Valgrind is known to provide false positives. util/valgrind-suppressions
should be updated as these false positives are revealed. More information
about suppressing Valgrind warnings can be found in the Valgrind User Manual.
If a run-time error is received, Valgrind will return an output which looks like the following (taken from the Valgrind Quick Start Guide):
==19182== Invalid write of size 4
==19182== at 0x804838F: f (example.c:6)
==19182== by 0x80483AB: main (example.c:11)
In this output:
- 19182 is the process ID
Invalid writeis what kind of error.- Below this error is the stack trace. In this example the leak occurred at
line 6 in
example.c. This line is contained within functionfwhich was called by themainmethod at line 11 (also inexample.c). 0x804838Fis the code address. This is usually not important.

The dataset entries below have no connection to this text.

-- ===== src/Timeline/Batches.antt =====
-- Batches of observations: none fails, and a batch that is recorded again changes nothing.
use tracegarden.Prelude.{
  suc, ◌≡◌, refl, sym, ap, ◌∙◌, subst, inl, inr, Bool, true, Option, none, some, List, [], ◌∷◌, map,
  arith, if◌then◌else◌, Option-cases, length, all, Str, ◌===◌, ===_iff, ===_refl,
}
use tracegarden.Prelude.Dict.{Dict, get, get-set}
use tracegarden.Prelude.Result.{Result, ok, err, ok_inj}
use tracegarden.Cluster.{Observation}
use tracegarden.Timeline.Records.{Checkpoint, Store, TimelineError, CheckpointInput}
use tracegarden.Timeline.Ingest.{
  put_optional, Ingested, observation_key, store_observation, ingest, ingest_all, cons_result,
  commit, record_observations_internal,
}
use tracegarden.Timeline.Replaced.{put_optional-same}
use tracegarden.Timeline.Linked.{IsLinked, IsPlain, ingest_known, store_observation-IsLinked}

-- `randomUUID` returns the id of no entry that is there, and no observation has a NUL in the names of
-- its workspace and its cluster.
abbrev pub AreRecordable : List (Str × Observation) → Store → Type 0
AreRecordable [] s = Unit
AreRecordable ((id, o) ∷ rest) s =
    (get id s.entries ≡ none) × IsPlain o × AreRecordable rest (ingest id o s).1

-- One round: it succeeds, keeps the invariant, and after it the observation is known, as all those are
-- that were known before.
ingest_new :
    (id : Str) (o : Observation) (s : Store)
    → get (observation_key o) s.observations ≡ none
    → ingest id o s ≡ (ok (store_observation id o s).0, (store_observation id o s).1)
unfolding ingest
ingest_new id o s g = rw (g, ingest) refl

store_observation-get :
    (id : Str) (o : Observation) (s : Store) (j : Str)
    → get j (store_observation id o s).1.observations ≡ (
        if observation_key o === j
        then some (store_observation id o s).0.observation
        else get j s.observations)
unfolding store_observation
store_observation-get id o s j = get-set _ j _ s.observations

abbrev Round : Str → Observation → Store → Type 0
Round id o s =
    ((r : Ingested) × ((ingest id o s).0 ≡ ok r))
    × IsLinked (ingest id o s).1
    × ((x : Observation) × (get (observation_key o) (ingest id o s).1.observations ≡ some x))
    × ((k : Str) (x : Observation)
        → get k s.observations ≡ some x
        → get k (ingest id o s).1.observations ≡ some x)

ingest-Round :
    (id : Str) (o : Observation) (s : Store)
    → get id s.entries ≡ none
    → IsPlain o
    → IsLinked s
    → Round id o s
ingest-Round id o s f p l = elim (Option-cases (get (observation_key o) s.observations)) [
  | inr (x, g) ↦ let (e, r) = ingest_known id o x s l p g in rw r ((_, refl), l, (x, g), λ k y h. h)
  | inl g ↦
      let get_stored = store_observation-get id o s in
      rw (ingest_new id o s g) (
        (_, refl),
        store_observation-IsLinked id o s f p l,
        (
          (store_observation id o s).0.observation,
          get_stored (observation_key o) ∙ rw (===_refl (observation_key o)) refl,
        ),
        λ k x h. get_stored k ∙ ground (arith, g, h, ===_iff (observation_key o) k),
      )
]

-- The store knows each of the observations.
abbrev pub Knows : List (Str × Observation) → Store → Type 0
Knows [] s = Unit
Knows ((id, o) ∷ rest) s =
    ((x : Observation) × (get (observation_key o) s.observations ≡ some x))
    × IsPlain o
    × Knows rest s

abbrev Keeps : Store → Store → Type 0
Keeps s s' =
    (k : Str) (x : Observation) → get k s.observations ≡ some x → get k s'.observations ≡ some x

abbrev pub are_duplicates : List Ingested → Bool
are_duplicates results = all (λ r. r.duplicate) results

cons_ok :
    (x : Ingested) (xs : List Ingested) (r : Result TimelineError (List Ingested) × Store)
    → r.0 ≡ ok xs
    → (cons_result x r).0 ≡ ok (x ∷ xs)
cons_ok x xs (ok ys, s) h = ap (λ zs. ok (x ∷ zs)) (ok_inj ys xs h)
cons_ok x xs (err e, s) h = absurd cc

cons_kept :
    (x : Ingested) (xs : List Ingested) (r : Result TimelineError (List Ingested) × Store)
    → r.0 ≡ ok xs
    → (cons_result x r).1 ≡ r.1
cons_kept x xs (ok ys, s) h = refl
cons_kept x xs (err e, s) h = refl

-- A batch of observations that the store may record is recorded: no entry is missing, and afterwards
-- the store knows all of them.
pub ingest_all-Knows :
    (observations : List (Str × Observation)) (s : Store)
    → AreRecordable observations s
    → IsLinked s
    → let r = ingest_all observations s in
      ((results : List Ingested) × (r.0 ≡ ok results) × (length results ≡ length observations))
      × IsLinked r.1
      × Knows observations r.1
      × Keeps s r.1
unfolding ingest_all
ingest_all-Knows [] s a l = (([], refl, refl), l, tt, λ k x h. h)
ingest_all-Knows ((id, o) ∷ rest) s (f, p, a) l =
    let ((x, e), l', (y, g), keeps) = ingest-Round id o s f p l in
    let ((xs, e', n), l'', known, keeps') = ingest_all-Knows rest (ingest id o s).1 a l' in
    let r = ingest_all rest (ingest id o s).1 in
    (
      (x ∷ xs, rw (e, ingest_all) (cons_ok x xs r e'), ap suc n),
      rw (e, ingest_all) (rw (cons_kept x xs r e') l''),
      (
        (y, rw (e, ingest_all) (rw (cons_kept x xs r e') (keeps' (observation_key o) y g))),
        p,
        rw (e, ingest_all) (rw (cons_kept x xs r e') known),
      ),
      λ k z h. rw (e, ingest_all) (rw (cons_kept x xs r e') (keeps' k z (keeps k z h))),
    )

-- Known observations come back as duplicates, and the store stays as it is.
pub ingest_all_known :
    (observations : List (Str × Observation)) (s : Store)
    → Knows observations s
    → IsLinked s
    → (results : List Ingested) × (ingest_all observations s ≡ (ok results, s))
      × (length results ≡ length observations)
      × (are_duplicates results ≡ true)
unfolding ingest_all
ingest_all_known [] s k l = ([], refl, refl, refl)
ingest_all_known ((id, o) ∷ rest) s ((x, g), p, k) l =
    let (e, r) = ingest_known id o x s l p g in
    let (results, q, n, t) = ingest_all_known rest s k l in
    let again : Ingested = record { observation = x; entry = e; duplicate = true } in
    (again ∷ results, rw (r, ingest_all) (rw (r, q) refl), ap suc n, t)

IsLinked-checkpoints :
    (s : Store) (c : Dict Checkpoint) → IsLinked s → IsLinked (record s { checkpoints = c })
IsLinked-checkpoints s c l = record {
  keyed = l.keyed;
  keys = l.keys;
  sound = l.sound;
  shown = l.shown;
}

Knows-checkpoints :
    (observations : List (Str × Observation)) (s : Store) (c : Dict Checkpoint)
    → Knows observations s
    → Knows observations (record s { checkpoints = c })
Knows-checkpoints [] s c k = tt
Knows-checkpoints ((id, o) ∷ rest) s c (g, p, k) = (g, p, Knows-checkpoints rest s c k)

commit_ok :
    (now : Str) (checkpoint : Option CheckpointInput) (s : Store)
    (r : Result TimelineError (List Ingested) × Store) (results : List Ingested)
    → r.0 ≡ ok results
    → commit now checkpoint s r
      ≡ (ok results, record r.1 { checkpoints = put_optional now checkpoint r.1.checkpoints })
commit_ok now checkpoint s (ok x, s') results h =
    ap (λ y. (ok y, record s' { checkpoints = put_optional now checkpoint s'.checkpoints }))
      (ok_inj x results h)
commit_ok now checkpoint s (err x, s') results h = absurd cc

-- A batch without NULs in the names of its workspaces and clusters, for which each new entry gets an
-- id that no entry has, is recorded in a store that keeps the invariant of ingestion: the call
-- returns one result for each observation and keeps the invariant, and the store then knows every
-- observation of the batch.
pub record_observations_internal-Knows :
    (now : Str) (observations : List (Str × Observation)) (checkpoint : Option CheckpointInput)
    (s : Store)
    → AreRecordable observations s
    → IsLinked s
    → let r = record_observations_internal now observations checkpoint s in
      ((results : List Ingested) × (r.0 ≡ ok results) × (length results ≡ length observations))
      × IsLinked r.1
      × Knows observations r.1
unfolding record_observations_internal
record_observations_internal-Knows now observations checkpoint s a l =
    let ((results, e, n), l', k, keeps) = ingest_all-Knows observations s a l in
    rw (commit_ok now checkpoint s (ingest_all observations s) results e)
      ((results, refl, n), IsLinked-checkpoints _ _ l', Knows-checkpoints observations _ _ k)

Knows-same :
    (observations again : List (Str × Observation)) (s : Store)
    → map (λ p. p.1) again ≡ map (λ p. p.1) observations
    → Knows observations s
    → Knows again s
Knows-same [] [] s e k = tt
Knows-same [] (p ∷ again) s e k = absurd cc
Knows-same ((id, o) ∷ rest) [] s e k = absurd cc
Knows-same ((id, o) ∷ rest) ((id', o') ∷ again) s e (g, p, k) =
    let q : o ≡ o' = cc in
    let same : map (λ p. p.1) again ≡ map (λ p. p.1) rest = cc in
    (
      subst (λ y. (x : Observation) × (get (observation_key y) s.observations ≡ some x)) q g,
      subst IsPlain q p,
      Knows-same rest again s same k,
    )

-- A batch that was recorded in a store that keeps the invariant of ingestion, without NULs in the names
-- of its workspaces and clusters and with new ids for its entries, is recorded a second time, under
-- any ids and at any later position: each result says that it is a duplicate, and nothing of the store
-- changes but its positions, into which the new one is put. Without a position, or at the position of
-- the first time, the store does not change at all.
pub record_observations_internal_again :
    (now later : Str) (observations again : List (Str × Observation))
    (checkpoint second : Option CheckpointInput) (s : Store)
    → AreRecordable observations s
    → IsLinked s
    → map (λ p. p.1) again ≡ map (λ p. p.1) observations
    → let s' = (record_observations_internal now observations checkpoint s).1 in
      let r = record_observations_internal later again second s' in
      (results : List Ingested) × (r
        ≡ (ok results, record s' { checkpoints = put_optional later second s'.checkpoints }))
      × (length results ≡ length again)
      × (are_duplicates results ≡ true)
      × (record_observations_internal later again none s' ≡ (ok results, s'))
      × (record_observations_internal later again checkpoint s' ≡ (ok results, s'))
unfolding record_observations_internal
record_observations_internal_again now later observations again checkpoint second s a l same =
    let ((first, fe, fn), fl, fk, keeps) = ingest_all-Knows observations s a l in
    let (r, l', k) = record_observations_internal-Knows now observations checkpoint s a l in
    let s' = (record_observations_internal now observations checkpoint s).1 in
    let (results, e, n, t) =
      ingest_all_known again s' (Knows-same observations again s' same k) l' in
    let put : s'.checkpoints
        ≡ put_optional now checkpoint (ingest_all observations s).1.checkpoints =
      rw (commit_ok now checkpoint s (ingest_all observations s) first fe) refl in
    let again_put : put_optional later checkpoint s'.checkpoints ≡ s'.checkpoints =
      ap (put_optional later checkpoint) put
      ∙ put_optional-same now later checkpoint (ingest_all observations s).1.checkpoints
      ∙ sym put in
    (
      results,
      rw e refl,
      n,
      t,
      rw e refl,
      rw e (ap (λ m. (ok results, record s' { checkpoints = m })) again_put),
    )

Valgrind may also return warnings about memory leaks, such as:
==19182== 40 bytes in 1 blocks are definitely lost in loss record 1 of 1
==19182== at 0x1B8FF5CD: malloc (vg_replace_malloc.c:130)
==19182== by 0x8048385: f (a.c:5)
==19182== by 0x80483AB: main (a.c:11)
The stack trace will tell you where the memory leak occurred. If Valgrind states that a block of memory was “definitely lost” then there is a memory leak. However, if Valgrind states that a block was “probably lost”, Valgrind has reason to believe memory is leaking but perhaps not (this is normally if the code is doing something complex with pointers).
If Valgrind returns an output in which a root cause is difficult to determine,
try running Valgrind with --track-origins=yes. This will increase execution
time but will provide more information.
The Valgrind User Manual should be consulted for more advanced features.